PROBLEM: Please write out, exactly, every line of the listing from its first line through the one that includes "SameNodes node live s s' = (a".

[[ DATA SUPPLIED open ]]

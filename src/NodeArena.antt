-- ===== src/NodeArena.antt =====
-- The arena of nodes that include/queue.h and include/stack.h take as the template parameter
-- `arena_t`: its operations on the objects of one instance, and what the containers rely on.
pub mod Chain
pub mod Nodes
pub mod FromCore
pub mod FromLockFree
use lock_free.Common.{ℕ, suc, ◌≡◌, ◌≢◌, ◌⊎◌, Bool, true, false, Option, update, subst}
use mathlib.Core.Path.{fun_ext}
use lock_free.Types.{Result, success, Node}
use lock_free.Command.{Command, Returns}
use lock_free.MemoryAddress.{null}

-- The nodes in use hold the same.
abbrev pub SameNodes : {S V : Type 0} → (S → ℕ → Node V) → (ℕ → Bool) → S → S → Type 0
SameNodes node live s s' = (a : ℕ) → live a ≡ true → node s' a ≡ node s a

-- `Valid s live used` says that the nodes `live` are in use and that there are `used` of them,
-- `Ready s` that memory which the system may hand out next overlaps no memory in use.
pub record NodeArena (V : Type 0) : Type 1 where
  pub State : Type 0
  pub node : State → ℕ → Node V
  pub set_next : ℕ → ℕ → State → State
  pub allocate : V → Command State ℕ
  pub deallocate : ℕ → Command State Result
  pub length : Command State ℕ
  pub clear : Command State (Unit {0})
  pub Valid : State → (ℕ → Bool) → ℕ → Type 0
  pub Ready : State → Type 0
  pub set_next_law :
      (s : State) (live : ℕ → Bool) (used a q : ℕ)
      → Valid s live used
      → live a ≡ true
      → Valid (set_next a q s) live used
        × (node (set_next a q s) a ≡ record { value = (node s a).value; next = q })
        × ((b : ℕ) → live b ≡ true → b ≢ a → node (set_next a q s) b ≡ node s b)
  pub allocate_law :
      (v : V) (s : State) (live : ℕ → Bool) (used : ℕ)
      → Valid s live used
      → Ready s
      → Returns
          (λ a s'.
            ((a ≡ null) × Valid s' live used × SameNodes node live s s')
            ⊎ ((a ≢ null)
                × (live a ≡ false)
                × Valid s' (update live a true) (suc used)
                × (node s' a ≡ record { value = v; next = null })
                × SameNodes node live s s'))
          (allocate v s)
  pub deallocate_law :
      (a : ℕ) (s : State) (live : ℕ → Bool) (used : ℕ)
      → Valid s live (suc used)
      → live a ≡ true
      → Returns
          (λ code s'.
            (code ≡ success)
            × Valid s' (update live a false) used
            × SameNodes node (update live a false) s s')
          (deallocate a s)
  pub length_law :
      (s : State) (live : ℕ → Bool) (used : ℕ)
      → Valid s live used
      → Returns (λ n s'. (n ≡ used) × Valid s' live used × SameNodes node live s s') (length s)
  pub clear_law :
      (s : State) (live : ℕ → Bool) (used : ℕ)
      → Valid s live used
      → Returns (λ _ s'. Valid s' (λ _. false) 0) (clear s)

-- Only which nodes are in use matters.
pub Valid-live :
    {V : Type 0} (arena : NodeArena V) {s : arena.State} {live live' : ℕ → Bool} {used : ℕ}
    → ((a : ℕ) → live a ≡ live' a)
    → arena.Valid s live used
    → arena.Valid s live' used
Valid-live arena {s} {used} h v = subst (λ l. arena.Valid s l used) (fun_ext h) v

[[ DATA SUPPLIED closed ]]

SOLUTION TO THIS PROBLEM:
filename src/NodeArena.antt
-- ===== src/NodeArena.antt =====
-- The arena of nodes that include/queue.h and include/stack.h take as the template parameter
-- `arena_t`: its operations on the objects of one instance, and what the containers rely on.
pub mod Chain
pub mod Nodes
pub mod FromCore
pub mod FromLockFree
use lock_free.Common.{ℕ, suc, ◌≡◌, ◌≢◌, ◌⊎◌, Bool, true, false, Option, update, subst}
use mathlib.Core.Path.{fun_ext}
use lock_free.Types.{Result, success, Node}
use lock_free.Command.{Command, Returns}
use lock_free.MemoryAddress.{null}

-- The nodes in use hold the same.
abbrev pub SameNodes : {S V : Type 0} → (S → ℕ → Node V) → (ℕ → Bool) → S → S → Type 0
SameNodes node live s s' = (a : ℕ) → live a ≡ true → node s' a ≡ node s a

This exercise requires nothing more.